#### [Problem to solve]
Each line from the one containing "places = (refl, refl, refl, refl, refl, refl)" through the final line of the records is to be repeated exactly, with no additions.

Saved data entries
══════════════════════════════
-- ===== src/Block/Execute/Move.antt =====
-- The arms of `execute_blocking` that move data: what they do has the effect promised.
use libvirtio.Base.{
  ℕ, ◌-◌, ◌*◌, ◌^◌, ◌≡◌, ◌⊎◌, inl, inr, refl, ap, ◌∙◌, Bool, true, false, ◌&&◌, ◌||◌, List, Option,
  none, some, arith, ltb, ◌==◌, Bool-cases, Option-cases, length, if◌then◌else◌,
}
use libvirtio.Error.{DeviceError}
use libvirtio.Outcome.{Outcome, ok, err}
use libvirtio.State.{M, continue_with}
use libvirtio.Dma.{DmaPart}
use libvirtio.Dma.Translate.{part_addresses}
use libvirtio.Lease.{Host}
use libvirtio.Block.File.{HostFile}
use libvirtio.Block.Execute.{Limits, sum_leases, buffers, read_into, write_from, transfer}
use libvirtio.Block.Execute.Sums.{sum_leases_sound}

-- The guard of the arm, and the status that a result of the file's call stands for.
abbrev pub out_of_range : Limits → Bool → ℕ → ℕ → Bool
out_of_range limits output offset n =
    ltb limits.capacity offset || (ltb (limits.capacity - offset) n || (output && limits.read_only))

abbrev pub status_of : ℕ → Option ℕ → ℕ
status_of n result = elim result [ none ↦ 1 | some m ↦ if m == n then 0 else 1 ]

module _ {F : Type 0} (file : HostFile F) (limits : Limits) (output : Bool) (sector : ℕ)
    (pss : List (List DmaPart)) (h : Host) (f : F) where
  abbrev offset : ℕ
  offset = sector * 512

  abbrev pub move : M (Host × F) (Option ℕ)
  move =
      if output then write_from file (buffers pss) offset else read_into file (buffers pss) offset

  abbrev moved : Outcome ℕ × (Host × F)
  moved = transfer file limits output sector pss (h, f)

  mul_err :
      ltb offset (2 ^ 64) ≡ false
      → moved ≡ (err (DeviceError.descriptor "block sector overflow"), (h, f))
  unfolding transfer continue_with
  mul_err e = rw e refl

  module _ (e : ltb offset (2 ^ 64) ≡ true) where
    sum_err :
        sum_leases 0 pss ≡ none
        → moved ≡ (err (DeviceError.descriptor "block request length overflow"), (h, f))
    unfolding transfer continue_with
    sum_err k = rw (e, k) refl

    module _ {n : ℕ} (k : sum_leases 0 pss ≡ some n) where
      refused_lem : out_of_range limits output offset n ≡ true → moved ≡ (ok 1, (h, f))
      unfolding transfer continue_with
      refused_lem g = rw (e, k, g) refl

      module _ (g : out_of_range limits output offset n ≡ false) where
        many_err :
            ltb (length (buffers pss)) (2 ^ 31) ≡ false
            → moved ≡ (err (DeviceError.descriptor "too many block I/O vectors"), (h, f))
        unfolding transfer continue_with
        many_err m = rw (e, k, g, m) refl

        far_err :
            ltb (length (buffers pss)) (2 ^ 31) ≡ true
            → ltb offset (2 ^ 63) ≡ false
            → moved ≡ (err (DeviceError.descriptor "block offset exceeds host off_t"), (h, f))
        unfolding transfer continue_with
        far_err m l = rw (e, k, g, m, l) refl

        moved_lem :
            ltb (length (buffers pss)) (2 ^ 31) ≡ true
            → ltb offset (2 ^ 63) ≡ true
            → moved ≡ continue_with (move (h, f)) (λ result w. (ok (status_of n result), w))
        unfolding transfer continue_with
        moved_lem m l = rw (e, k, g, m, l) refl

  -- An arm that moves data fails with nothing changed, or the request is out of range and nothing
  -- is changed either, or the file is called.
  pub transfer_cases :
      ((x : DeviceError) × (moved ≡ (err x, (h, f))))
      ⊎ (((moved ≡ (ok 1, (h, f)))
            × (out_of_range limits output offset (length (part_addresses (buffers pss))) ≡ true))
          ⊎ ((out_of_range limits output offset (length (part_addresses (buffers pss))) ≡ false)
              × (moved
                  ≡ continue_with (move (h, f)) (λ result w.
                    (ok (status_of (length (part_addresses (buffers pss))) result), w)))))
  transfer_cases = elim (Bool-cases (ltb offset (2 ^ 64))) [
    | inr e ↦ inl (_, mul_err e)
    | inl e ↦ elim (Option-cases (sum_leases 0 pss)) [
      | inl k ↦ inl (_, sum_err e k)
      | inr (n, k) ↦
          let total : sum_leases 0 pss ≡ some (length (part_addresses (buffers pss))) =
            k ∙ ap some (sum_leases_sound pss 0 k ∙ omega arith) in
          elim (Bool-cases
            (out_of_range limits output offset (length (part_addresses (buffers pss))))) [
              | inl g ↦ inr (inl (refused_lem e total g, g))
              | inr g ↦ elim (Bool-cases (ltb (length (buffers pss)) (2 ^ 31))) [
                | inr m ↦ inl (_, many_err e total g m)
                | inl m ↦ elim (Bool-cases (ltb offset (2 ^ 63))) [
                  | inr l ↦ inl (_, far_err e total g m l)
                  | inl l ↦ inr (inr (g, moved_lem e total g m l))
                ]
              ]
            ]
    ]
  ]
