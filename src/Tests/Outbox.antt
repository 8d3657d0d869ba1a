-- ===== src/Tests/Outbox.antt =====
-- The outbox of internal/lsp/diagnostic_outbox.go at work on two documents.
use bloblang_lsp.Common.{
  ℕ, ◌≤◌, ◌+◌, Text, true, Option, none, some, [], ◌∷◌, ◌++◌, ◌≡◌, ◌≢◌, refl, arith, codes,
  text_is_eq, length, if◌then◌else◌,
}
use bloblang_lsp.Common.Dict.{Dict, insert, lookup}
use bloblang_lsp.Lsp.Lifecycle
use bloblang_lsp.Lsp.Lifecycle.{Lifecycle, updated, begin_document_version, run, shutdown}
use bloblang_lsp.Lsp.Lifecycle.Contexts.{initial-IsValid}
use bloblang_lsp.Lsp.Lifecycle.Run.{run-IsValid}
use bloblang_lsp.Lsp.Lifecycle.Versions.{IsReplaced}
use bloblang_lsp.Lsp.Outbox.{Publication, Outbox, empty, publication, enqueue, next}
use bloblang_lsp.Lsp.Outbox.Queue.{
  IsValid, view, pop_front, flags, empty-IsValid, enqueue-IsValid, enqueue-view, next-view,
}
use bloblang_lsp.Lsp.Outbox.Sender
use bloblang_lsp.Lsp.Outbox.Sender.{
  Phase, waiting, draining, absent, returned, holding, checked, sending, System, enqueue_step,
  check_step, decide_step, publish_step, Reach, here, onward, enqueued, sends, checks, decides,
  publishes, Runs,
}
use bloblang_lsp.Lsp.Outbox.Sender.Live.{no_lost_wakeup}
use bloblang_lsp.Lsp.Outbox.Sender.Progress.{keep, queue_served}
use bloblang_lsp.Lsp.Outbox.Sender.Stale.{count_made, replaced_not_published}
use bloblang_lsp.Lsp.Outbox.Sender.Shutdown.{in_flight, stopped_sends_no_more}

abbrev uri_a : Text
uri_a = codes "a.blobl"

abbrev uri_b : Text
uri_b = codes "b.blobl"

abbrev one_queued : Outbox ℕ
one_queued = enqueue empty uri_a (7 ∷ []) none

abbrev two_queued : Outbox ℕ
two_queued = enqueue one_queued uri_b (8 ∷ []) none

two_queued-IsValid : IsValid two_queued
two_queued-IsValid =
    enqueue-IsValid one_queued uri_b (8 ∷ []) none
      (enqueue-IsValid empty uri_a (7 ∷ []) none empty-IsValid)

enqueue-view_example : view (enqueue two_queued uri_a (9 ∷ []) (some 3)) ≡ (
    if two_queued.stopped
    then view two_queued
    else insert uri_a (publication uri_a (9 ∷ []) (some 3)) (view two_queued))
enqueue-view_example = enqueue-view two_queued uri_a (9 ∷ []) (some 3) two_queued-IsValid

next-view_example :
    ◌≡◌ {A = Option (Publication ℕ) × Dict Text (Publication ℕ)}
      ((next two_queued).0, view (next two_queued).1)
      (pop_front (view two_queued))
    × IsValid (next two_queued).1
    × (flags (next two_queued).1 ≡ flags two_queued)
next-view_example = next-view two_queued two_queued-IsValid

-- A second publication for a document takes the place of the first.
replaced_in_place : (enqueue two_queued uri_a (9 ∷ []) none).order ≡ uri_a ∷ uri_b ∷ []
unfolding enqueue lookup insert
replaced_in_place = refl

abbrev one_waiting : System ℕ
one_waiting = enqueue_step Sender.initial uri_a (7 ∷ []) none

one_waiting-Reach : Reach Sender.initial one_waiting
one_waiting-Reach = onward here (enqueued uri_a (7 ∷ []) none)

queue_served_example :
    (t : System ℕ) × Runs one_waiting t
    × (t.phase ≡ waiting)
    × (t.outbox.order ≡ [])
    × (t.sent ≡ one_waiting.sent ++ keep one_waiting.life (view one_waiting.outbox))
unfolding enqueue_step lookup insert
queue_served_example = queue_served one_waiting-Reach refl (cc)

no_lost_wakeup_example :
    (one_waiting.phase ≡ waiting → one_waiting.outbox.order ≢ [] → one_waiting.outbox.wake ≡ true)
    × (one_waiting.outbox.order ≢ []
        → (one_waiting.phase ≢ absent) × (one_waiting.phase ≢ returned))
no_lost_wakeup_example = no_lost_wakeup one_waiting-Reach

-- The document was edited: version 1 is replaced by version 2, and a publication for version 1
-- stands before its check.
abbrev edited : Lifecycle
edited = run Lifecycle.initial (updated uri_a true ∷ updated uri_a true ∷ [])

edited-IsReplaced : IsReplaced uri_a 1 edited
unfolding run lookup insert
edited-IsReplaced = record {
  valid =
      run-IsValid Lifecycle.initial (updated uri_a true ∷ updated uri_a true ∷ []) initial-IsValid;
  positive = omega arith;
  given = omega arith;
  replaced = omega arith;
}

abbrev old_publication : Publication ℕ
old_publication = publication uri_a (7 ∷ []) (some 1)

abbrev held : System ℕ
held = record { life = edited; outbox = empty; phase = holding old_publication; sent = [] }

abbrev checked_held : System ℕ
checked_held = check_step held old_publication

checked_held-Reach : Reach held checked_held
checked_held-Reach = onward here (sends (checks old_publication refl))

replaced_not_published_example : count_made uri_a 1 checked_held.sent ≡ count_made uri_a 1 held.sent
unfolding check_step run lookup insert
replaced_not_published_example =
    replaced_not_published uri_a 1 edited-IsReplaced refl checked_held-Reach (omega arith)

-- Shut down with a publication about to be sent.
abbrev ending : System ℕ
ending = record {
  life = shutdown edited;
  outbox = empty;
  phase = sending old_publication;
  sent = [];
}

abbrev ended : System ℕ
ended = publish_step ending old_publication

ended-Reach : Reach ending ended
ended-Reach = onward here (sends (publishes old_publication refl))

stopped_sends_no_more_example : length ended.sent ≤ length ending.sent + in_flight ending.phase
unfolding shutdown
stopped_sends_no_more_example = stopped_sends_no_more refl ended-Reach
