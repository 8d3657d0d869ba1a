-- ===== src/Tests/Positions.antt =====
-- Positions of internal/lsp/positions.go in a text with characters of two and four bytes.
use bloblang_lsp.Common.{Text, ◌++◌, ◌≡◌, refl, codes}
use bloblang_lsp.Common.Int.{pos, negsuc}
use bloblang_lsp.Common.Strings.{split}
use bloblang_lsp.Lsp.Positions.{
  byte_length, column_byte, position_byte, take_bytes, byte_position, byte_column,
}
use bloblang_lsp.Lsp.Positions.RoundTrip.{position_byte-byte_position}

abbrev head : Text
head = codes "a\né😀"

abbrev tail : Text
tail = codes "b\nc"

-- Three units and six bytes into the second line; a cut character; columns and lines out of range.
places :
    (byte_position (head ++ tail) (pos 8) ≡ record { line = pos 1; character = pos 3 })
    × (byte_position (head ++ tail) (pos 5) ≡ record { line = pos 1; character = pos 2 })
    × (byte_column (head ++ tail) (record { line = pos 1; character = pos 3 })
        ≡ record { line = pos 1; character = pos 6 })
    × (position_byte (head ++ tail) (record { line = pos 0; character = pos 9 }) ≡ 1)
    × (position_byte (head ++ tail) (record { line = pos 9; character = pos 0 }) ≡ 11)
    × (position_byte (head ++ tail) (record { line = negsuc 0; character = pos 0 }) ≡ 0)
unfolding byte_position take_bytes byte_column position_byte column_byte split
places = (refl, refl, refl, refl, refl, refl)

position_byte-byte_position_example :
    position_byte (head ++ tail) (byte_position (head ++ tail) (pos (byte_length head)))
    ≡ byte_length head
position_byte-byte_position_example = position_byte-byte_position head tail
══════════════════════════════
#### [Response to the task]
places = (refl, refl, refl, refl, refl, refl)

position_byte-byte_position_example :
    position_byte (head ++ tail) (byte_position (head ++ tail) (pos (byte_length head)))
    ≡ byte_length head
position_byte-byte_position_example = position_byte-byte_position head tail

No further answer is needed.